Pascal Quignard, dans le court avertissement qui débute ce volume, nous émeut en nous rappelant ce qui constitue sa vie depuis toujours (L’étude comme une joie solitaire) et en quelques phrases à la beauté stupéfiante, nous indique qu’avant de mourir, « le crépuscule désormais est la seule censure que (s)es yeux reconnaissent ». 

Nous voici donc partis dans la grande aventure du langage et de ses limites, contre la censure car « L’art est ce qui accepte l’épreuve réelle du désir intraitable et en subit toute la force ». 

Pascal Quignard déploie un étonnement poétique et son incompréhension érudite et questionnante devant le fait que les sociétés humaines contemporaines haïssent ce qui pourtant les constituent, la représentation de l’acte sexuel. Il rejoint ainsi le scandale originel de la psychanalyse, celui de l’affirmation de la sexualité comme constitutive de notre être conscient et inconscient, il en interroge donc les censures, qu’elles soient inconscientes ou institutionnelles, toutes ces portes dont les battants « s’immobilisent si rapidement dans la substance signifiante ». 

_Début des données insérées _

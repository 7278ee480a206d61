-- ===== src/Cronx/Wall/Ahead.antt =====
-- The search of nextAfter skips no minute that the expression admits.
use paceq.Base.{ℕ, ◌+◌, ◌≤◌, ◌<◌, ◌≡◌, ◌∙◌, true, arith}
use paceq.Cronx.Wall.{WallPoint, Compiled, wall_ordinal, matches, day_matches, skip_month, skip_day}
use paceq.Cronx.Wall.Sets.{In}
use paceq.Cronx.Wall.Days.{last_day_bounds}
use paceq.Cronx.Wall.Carry.{IsDate, IsWall, day_key, skip_month-IsCarried, skip_day-IsCarried}

-- The minute is one that the expression admits.
pub record Admits (c : Compiled) (v : WallPoint) : Type 0 where
  pub month : In c.months v.mo
  pub hour : In c.hours v.h
  pub minute : In c.minutes v.mi
  pub day : day_matches c v.y v.mo v.d ≡ true

pub matches-Admits : (c : Compiled) (v : WallPoint) → matches c v ≡ true → Admits c v
unfolding matches
matches-Admits c v h = record {
  month = ground arith;
  hour = ground arith;
  minute = ground arith;
  day = ground arith;
}

pub Admits-matches : (c : Compiled) (v : WallPoint) → Admits c v → matches c v ≡ true
unfolding matches
Admits-matches c v a = ground (arith, a.month, a.hour, a.minute, a.day)

-- The hours and the minutes of a compiled expression are ones of a clock.
pub record InRange (c : Compiled) : Type 0 where
  pub hours : (u : ℕ) → In c.hours u → u < 24
  pub minutes : (u : ℕ) → In c.minutes u → u < 60

-- The minute `r` is the first after `w` that the expression admits.
pub record IsNext (c : Compiled) (w r : WallPoint) : Type 0 where
  pub wall : IsWall r
  pub after : wall_ordinal w < wall_ordinal r
  pub hit : matches c r ≡ true
  pub least :
      (v : WallPoint)
      → IsWall v
      → matches c v ≡ true
      → wall_ordinal w < wall_ordinal v
      → wall_ordinal r ≤ wall_ordinal v

-- The search stands at the full hour `n`, behind `w`, and has skipped nothing.
pub record Ahead (c : Compiled) (w n : WallPoint) : Type 0 where
  pub date : IsDate n.y n.mo n.d
  pub hour : n.h < 24
  pub full : n.mi ≡ 0
  pub after : wall_ordinal w < wall_ordinal n
  pub bound :
      (v : WallPoint)
      → IsWall v
      → Admits c v
      → wall_ordinal w < wall_ordinal v
      → wall_ordinal n ≤ wall_ordinal v

module _ (c : Compiled) (w : WallPoint) where
  behind_day :
      (n r : WallPoint)
      → Ahead c w n
      → day_key n < day_key r
      → r.h ≡ 0
      → r.mi ≡ 0
      → wall_ordinal w < wall_ordinal r
  unfolding wall_ordinal
  behind_day n r a further h mi = omega (arith, a.after, a.hour, a.full)

  in_order :
      (r v : WallPoint)
      → r.h ≡ 0
      → r.mi ≡ 0
      → day_key r ≤ day_key v
      → wall_ordinal r ≤ wall_ordinal v
  unfolding wall_ordinal
  in_order r v h mi le = omega arith

  month_over :
      (n v : WallPoint)
      → Ahead c w n
      → IsWall v
      → wall_ordinal n ≤ wall_ordinal v
      → (v.y ≡ n.y → v.mo ≡ n.mo → n.d ≤ v.d → ⊥)
      → day_key (record n { d = 1; h = 0; mo = n.mo + 1 }) ≤ day_key v
  unfolding wall_ordinal
  month_over n v a wall le free =
      let (_, short) = last_day_bounds n.y n.mo in
      let (_, short') = last_day_bounds v.y v.mo in
      ground (
        arith, a.date.to_last, wall.date.to_last, a.date.to_december, wall.date.to_december,
        wall.hour, wall.minute, free, wall.date.from_first,
      )

  day_over :
      (n v : WallPoint)
      → Ahead c w n
      → IsWall v
      → wall_ordinal n ≤ wall_ordinal v
      → (v.y ≡ n.y → v.mo ≡ n.mo → v.d ≡ n.d → n.h ≤ v.h → ⊥)
      → day_key (record n { d = n.d + 1; h = 0 }) ≤ day_key v
  unfolding wall_ordinal
  day_over n v a wall le free =
      let (_, short) = last_day_bounds n.y n.mo in
      let (_, short') = last_day_bounds v.y v.mo in
      ground (
        arith, a.date.to_last, wall.date.to_last, a.date.to_december, wall.date.to_december,
        wall.hour, wall.minute, free, a.hour,
      )

  -- Nothing that is admitted is in the rest of the month.
  pub Ahead-skip_month :
      (n : WallPoint)
      → Ahead c w n
      → ((v : WallPoint) → IsWall v → Admits c v → v.y ≡ n.y → v.mo ≡ n.mo → n.d ≤ v.d → ⊥)
      → Ahead c w (skip_month n)
  Ahead-skip_month n a free =
      let k = skip_month-IsCarried n a.date in
      let (_, short) = last_day_bounds n.y n.mo in
      record {
        date = k.date;
        hour = omega (arith, k.same_hour);
        full = k.same_minute ∙ a.full;
        after =
            behind_day n (skip_month n) a (omega (arith, k.forward, a.date.to_last)) k.same_hour
              (k.same_minute ∙ a.full);
        bound = λ v wall m after.
            in_order (skip_month n) v k.same_hour (k.same_minute ∙ a.full)
              (k.next v wall.date (month_over n v a wall (a.bound v wall m after) (free v wall m)));
      }

  -- Nothing that is admitted is in the rest of the day.
  pub Ahead-skip_day :
      (n : WallPoint)
      → Ahead c w n
      → ((v : WallPoint)
          → IsWall v
          → Admits c v
          → v.y ≡ n.y
          → v.mo ≡ n.mo
          → v.d ≡ n.d
          → n.h ≤ v.h
          → ⊥)
      → Ahead c w (skip_day n)
  Ahead-skip_day n a free =
      let k = skip_day-IsCarried n a.date in
      record {
        date = k.date;
        hour = omega (arith, k.same_hour);
        full = k.same_minute ∙ a.full;
        after =
            behind_day n (skip_day n) a (omega (arith, k.forward)) k.same_hour
              (k.same_minute ∙ a.full);
        bound = λ v wall m after.
            in_order (skip_day n) v k.same_hour (k.same_minute ∙ a.full)
              (k.next v wall.date (day_over n v a wall (a.bound v wall m after) (free v wall m)));
      }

Mais on se rend compte que les angoisses de l’auteur ont une portée plus générale : interrogeant la pulsion de mort contemporaine, il s’effraie aussi de la violence, des atteintes à la nature, de la destructivité et des attaques envers la pensée. Il est comme l’enfant qui, « dans l’écho de son cri, mais aussi dans l’étrange peau de sa respiration, tente l’aventure sonore dans toute sa plus vaste envergure ». Il est un écrivain qui n’oublie pas que comme tout être humain, il a d’abord été un nourrisson qui a appelé à l’aide, une expérience dans laquelle l’effroi est l’extase de la paix rompue. 

Et malgré tout cela, malgré qu’il sache que la langue ne dit pas tout, il écrit avec une confiance toujours renouvelée envers l’art et le langage de la littérature, même s’il en décrit les limites, rappelant dans certains de ses énoncés ( «Tout sujet est d’abord une version de sa vie racontée par d’autres » ; « Aussi y a-t-il des signifiants qui sont là avant les signifiants ») tout ce qu’il doit à… la psychanalyse. 

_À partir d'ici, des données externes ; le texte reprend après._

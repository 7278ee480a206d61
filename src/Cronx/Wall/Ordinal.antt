-- ===== src/Cronx/Wall/Ordinal.antt =====
-- A place in the timetable stands for one minute of the wall clock.
use paceq.Base.{◌+◌, ◌*◌, ◌/◌, ◌%◌, ◌<◌, ◌≡◌, sym, ap, ◌∙◌, arith}
use paceq.Cronx.Wall.{WallPoint, wall_ordinal, wall_point_of}
use paceq.Cronx.Wall.Days.{last_day_bounds}
use paceq.Cronx.Wall.Carry.{IsWall}

-- The minute that a place stands for is read back from it, for every minute of the calendar.
pub wall_point_of-wall_ordinal : (w : WallPoint) → IsWall w → wall_point_of (wall_ordinal w) ≡ w
unfolding wall_point_of wall_ordinal
wall_point_of-wall_ordinal w h =
    let (_, short) = last_day_bounds w.y w.mo in
    let day : w.d < 32 = omega (arith, h.date.to_last) in
    let month : w.mo < 16 = omega (arith, h.date.to_december) in
    let hour : w.h < 24 = h.hour in
    let minute : w.mi < 60 = h.minute in
    let ord = (((w.y * 16 + w.mo) * 32 + w.d) * 24 + w.h) * 60 + w.mi in
    let minutes : ord / 60 ≡ ((w.y * 16 + w.mo) * 32 + w.d) * 24 + w.h = omega arith in
    let hours : ord / 60 / 24 ≡ (w.y * 16 + w.mo) * 32 + w.d = omega arith in
    let days : ord / 60 / 24 / 32 ≡ w.y * 16 + w.mo = omega arith in
    let y : ord / 60 / 24 / 32 / 16 ≡ w.y = omega arith in
    let mo : ord / 60 / 24 / 32 % 16 ≡ w.mo = omega arith in
    let d : ord / 60 / 24 % 32 ≡ w.d = omega arith in
    let h' : ord / 60 % 24 ≡ w.h = omega arith in
    let mi : ord % 60 ≡ w.mi = omega arith in
    λ i. record { y = y i; mo = mo i; d = d i; h = h' i; mi = mi i }

pub wall_ordinal_injective :
    (u v : WallPoint) → IsWall u → IsWall v → wall_ordinal u ≡ wall_ordinal v → u ≡ v
wall_ordinal_injective u v hu hv h =
    sym (wall_point_of-wall_ordinal u hu) ∙ (ap wall_point_of h ∙ wall_point_of-wall_ordinal v hv)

Quignard évoque donc des énigmes, des rêves, des contes, fait des références à Winnicott et Lacan, Haag et Bion, à Heidegger mais pas à Bachelard, ce qui nous étonne ; il dévoile des éléments biographiques peu connus concernant des auteurs connus ; il analyse des textes sortis des ténèbres de la bibliothèque mondiale, s’attarde sur l’étymologie grecque ou latine ; s’intéresse aux noms, aux signifiants énigmatiques, aux inscriptions et aux traductions, aux mots dont l’origine est inconnue. 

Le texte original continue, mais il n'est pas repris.